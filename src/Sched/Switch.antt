-- ===== src/Sched/Switch.antt =====
-- `sched_schedule` of kern/sched-queue.c: which thread runs next, and what becomes of the one that ran.
use native.Mathlib.Decide.{ℕ_discrete}
use risc_v_workshop.Prelude.{
  ℕ, ◌<◌, ◌≡◌, ◌≢◌, ◌⊎◌, inl, inr, refl, ap, sym, ◌∙◌, subst, arith, Bool, true, false, Option,
  none, some, List, [], ◌∷◌, ◌++◌, ◌==◌, if◌then◌else◌, is_empty, update_all, update_same,
  update_other, Ensures, Ensures-bind, Ensures-map,
}
use risc_v_workshop.Sched.{
  Sched, Thread, sched_prio_nr, is_run, set_active, set_delayed, get_next_thread, switch_to,
  sched_schedule, dispatch, ti_dispatch_disabled, ti_clr_delay_dispatch, ti_set_preempt_active,
  ti_clr_preempt_active,
}
use risc_v_workshop.Sched.Counts.{count_empty}
use risc_v_workshop.Sched.Ready.{Ready, expected}
use risc_v_workshop.Sched.Change.{IsPlain, plain-Ready}
use risc_v_workshop.Sched.Next.{PickedOutcome, get_next_thread-Picked}
use risc_v_workshop.Sched.Resume.{
  Entered, Switched, running_free, active_IsPlain, switch_to-Switched,
}

-- The thread that is to run: the first of the highest priority, or the idle thread `i` if there is none.
abbrev pub IsChosen : ℕ → Sched → ℕ → Type 0
IsChosen i s next =
    (((p : ℕ) → p < sched_prio_nr → is_empty (s.que p) ≡ true) × (next ≡ i))
    ⊎ ((rest : List ℕ) × (s.que (s.thread next).cur_prio ≡ next ∷ rest)
        × ((p : ℕ) → p < (s.thread next).cur_prio → is_empty (s.que p) ≡ true))

-- The thread that runs is marked as running if it ran before or had been switched out; a new thread has
-- the state it had.
abbrev pub Runs : Sched → Sched → Type 0
Runs s after =
    (((s.current ≡ after.current) ⊎ ((s.thread after.current).switched_out ≡ true))
      × (is_run (after.thread after.current).state ≡ true))
    ⊎ ((s.current ≢ after.current)
        × ((s.thread after.current).switched_out ≡ false)
        × ((after.thread after.current).state ≡ (s.thread after.current).state))

-- What a call of the scheduler leaves, where `i` is this processor's idle thread.
pub record Scheduled (i : ℕ) (s after : Sched) : Type 0 where
  pub ready : Ready after
  pub runs : Runs s after
  pub free : (after.thread after.current).linked ≡ false
  pub chosen : IsChosen i s after.current
  pub ahead : List ℕ
  pub back :
      s.current ≢ after.current → after.que (s.thread s.current).cur_prio ≡ ahead ++ s.current ∷ []

delayed_IsPlain : (b : Bool) → IsPlain (set_delayed b)
delayed_IsPlain b = record {
  same_linked = λ t. refl;
  same_prio = λ t. refl;
  same_state = λ t. refl;
  same_out = λ t. refl;
}

not_expected : (t : Thread) (q : ℕ) → expected t q ≡ 0 → t.cur_prio ≡ q → t.linked ≡ false
not_expected t q h e = ground arith

module _ (i : ℕ) (s : Sched) (running : is_run (s.thread s.current).state ≡ true)
    (refs : ((s.thread s.current).refs == 0) ≡ false) (r : Ready s) where
  -- the thread that ran, while it is being replaced
  abbrev leaving : Thread
  leaving = set_delayed false (set_active true (s.thread s.current))

  module _ (next : ℕ) (picked : Sched) (ready : Ready picked) (same : picked.current ≡ s.current)
      (kept : picked.thread s.current ≡ set_active true (s.thread s.current))
      (free : (picked.thread next).linked ≡ false)
      (same_state : (picked.thread next).state ≡ (s.thread next).state)
      (same_out : (picked.thread next).switched_out ≡ (s.thread next).switched_out)
      (chosen : IsChosen i s next) where
    abbrev cleared : Sched
    cleared = ti_clr_delay_dispatch picked

    cleared-Ready : Ready cleared
    cleared-Ready =
        plain-Ready picked picked.current (set_delayed false) (delayed_IsPlain false) ready

    cleared_thread : cleared.thread cleared.current ≡ leaving
    cleared_thread =
        update_same picked.thread picked.current (set_delayed false (picked.thread picked.current))
        ∙ ap (λ c. set_delayed false (picked.thread c)) same
        ∙ ap (set_delayed false) kept

    enters :
        picked.current ≢ next
        → (after : Sched) → after.current ≡ next
        → Entered next cleared after
        → Runs s after
    enters d after e entered =
        let its = update_other picked.thread picked.current next _ d in
        let out = ap (λ th. th.switched_out) its ∙ same_out in
        let state = ap (λ th. th.state) its ∙ same_state in
        subst
          (λ c.
            (((s.current ≡ c) ⊎ ((s.thread c).switched_out ≡ true))
              × (is_run (after.thread c).state ≡ true))
            ⊎ ((s.current ≢ c)
                × ((s.thread c).switched_out ≡ false)
                × ((after.thread c).state ≡ (s.thread c).state)))
          (sym e)
          (elim entered [
            | inl (old, runs) ↦ inl (inr (sym out ∙ old), runs)
            | inr (new, keeps) ↦ inr ((λ q. d (same ∙ q)), sym out ∙ new, keeps ∙ state)
          ])

    goes_on : Ensures (Scheduled i s) (
        if picked.current == next
        then some (ti_clr_preempt_active cleared)
        else switch_to next cleared)
    goes_on = elim (ℕ_discrete picked.current next) [
      | yes e ↦
          let stays : (picked.current == next) ≡ true = ground arith in
          let last : (ti_clr_preempt_active cleared).thread picked.current
              ≡ set_active false (cleared.thread picked.current) =
            update_same cleared.thread picked.current _ in
          rw stays (record {
            ready =
                plain-Ready cleared picked.current (set_active false) (active_IsPlain false)
                  cleared-Ready;
            runs = inl (
              inl (sym same),
              ap (λ th. is_run th.state) last ∙ ap (λ th. is_run th.state) cleared_thread ∙ running,
            );
            free =
                ap (λ th. th.linked) last
                ∙ ap (λ th. th.linked) cleared_thread
                ∙ running_free s.current s r running;
            chosen = subst (IsChosen i s) (sym e) chosen;
            ahead = [];
            back = λ d. absurd (d (sym same));
          })
      | no d ↦
          let moves : (picked.current == next) ≡ false = ground arith in
          rw moves (
            Ensures-map (Switched cleared.current next cleared) (Scheduled i s)
              (switch_to next cleared)
              (λ after w. record {
                ready = w.ready;
                runs = enters d after w.current w.entered;
                free = subst (λ c. (after.thread c).linked ≡ false) (sym w.current) w.free;
                chosen = subst (IsChosen i s) (sym w.current) chosen;
                ahead = cleared.que (cleared.thread cleared.current).cur_prio;
                back = λ n.
                    subst
                      (λ q.
                        after.que q
                        ≡ cleared.que (cleared.thread cleared.current).cur_prio ++ s.current ∷ [])
                      (ap (λ th. th.cur_prio) cleared_thread)
                      (subst
                        (λ c.
                          after.que (cleared.thread cleared.current).cur_prio
                          ≡ cleared.que (cleared.thread cleared.current).cur_prio ++ c ∷ [])
                        same w.back);
              })
              (switch_to-Switched next cleared cleared-Ready
                (ap (λ th. is_run th.state) cleared_thread ∙ running)
                (ap (λ th. th.refs == 0) cleared_thread ∙ refs) still_free d))
    ]
      where
        still_free : (cleared.thread next).linked ≡ false
        still_free =
            update_all (λ v th. (picked.thread v).linked ≡ false → th.linked ≡ false) picked.thread
              picked.current _ next (λ h. h) (λ h. h) free

  module _ (idle : s.idle_threads s.cpu ≡ some i) where
    abbrev busy : Sched
    busy = ti_set_preempt_active s

    busy-Ready : Ready busy
    busy-Ready = plain-Ready s s.current (set_active true) (active_IsPlain true) r

    busy_current : busy.thread s.current ≡ set_active true (s.thread s.current)
    busy_current = update_same s.thread s.current _

    busy_prio : (t : ℕ) → (busy.thread t).cur_prio ≡ (s.thread t).cur_prio
    busy_prio t =
        update_all (λ v th. th.cur_prio ≡ (s.thread v).cur_prio) s.thread s.current _ t refl refl

    busy_state : (t : ℕ) → (busy.thread t).state ≡ (s.thread t).state
    busy_state t =
        update_all (λ v th. th.state ≡ (s.thread v).state) s.thread s.current _ t refl refl

    busy_out : (t : ℕ) → (busy.thread t).switched_out ≡ (s.thread t).switched_out
    busy_out t =
        update_all (λ v th. th.switched_out ≡ (s.thread v).switched_out) s.thread s.current _ t refl
          refl

    -- with all queues empty no thread is linked
    none_linked :
        (t : ℕ)
        → ((p : ℕ) → p < sched_prio_nr → is_empty (s.que p) ≡ true)
        → (busy.thread t).linked ≡ false
    none_linked t empty =
        let below = busy-Ready.valid t in
        let none_there = count_empty t (s.que (busy.thread t).cur_prio) (empty _ below) in
        not_expected (busy.thread t) _
          (sym (busy-Ready.queued (busy.thread t).cur_prio t below) ∙ none_there) refl

    other : (t : ℕ) → (busy.thread t).linked ≡ true → t ≢ s.current
    other t l e =
        let linked : (busy.thread s.current).linked ≡ true =
          subst (λ u. (busy.thread u).linked ≡ true) e l in
        let free : (busy.thread s.current).linked ≡ false =
          ap (λ th. th.linked) busy_current ∙ running_free s.current s r running in
        absurd (cc)

    dispatch-Scheduled :
        (f : Option ℕ) (picked : Sched)
        → PickedOutcome busy (f, picked)
        → Ensures (Scheduled i s) (dispatch (f, picked))
    unfolding dispatch
    dispatch-Scheduled none picked (e, empty) =
        subst (λ z. Ensures (Scheduled i s) (dispatch (none, z))) (sym e)
          (rw (idle, dispatch)
            (goes_on i busy busy-Ready refl busy_current (none_linked i empty) (busy_state i)
              (busy_out i) (inl (empty, refl))))
    dispatch-Scheduled (some t) picked p =
        goes_on t picked p.ready p.same_current
          (p.unmoved s.current (other t p.was_linked) ∙ busy_current) p.now_free
          (p.same_state ∙ busy_state t) (p.same_out ∙ busy_out t)
          (inr (
            p.rest,
            subst (λ q. s.que q ≡ t ∷ p.rest) (busy_prio t) p.first,
            subst (λ q. (u : ℕ) → u < q → is_empty (s.que u) ≡ true) (busy_prio t) p.highest,
          ))

    -- The scheduler, called where dispatching is enabled, by a thread that runs and has references, on
    -- a well-formed ready queue, and with an idle thread registered, fails no assertion. It chooses the
    -- first thread of the highest priority that has one, or else the idle thread. That thread is now
    -- the current one and in no queue. It is marked as running if it is the caller or has been switched
    -- out before; else, if it is new, it has the state it had. The thread that ran before, if it is
    -- another, is the last of the queue of its priority, and the ready queue is well formed.
    pub schedule-Scheduled :
        ti_dispatch_disabled s ≡ false → Ensures (Scheduled i s) (sched_schedule s)
    unfolding sched_schedule
    schedule-Scheduled enabled = rw enabled (
        Ensures-bind (PickedOutcome busy) (Scheduled i s) (get_next_thread busy) dispatch
          (get_next_thread-Picked busy busy-Ready) (λ o. dispatch-Scheduled o.0 o.1))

Work instructions: Which lines hold the word "bind"? Return all of them from the records above.

Exercise solution:
  update_other, Ensures, Ensures-bind, Ensures-map,
        Ensures-bind (PickedOutcome busy) (Scheduled i s) (get_next_thread busy) dispatch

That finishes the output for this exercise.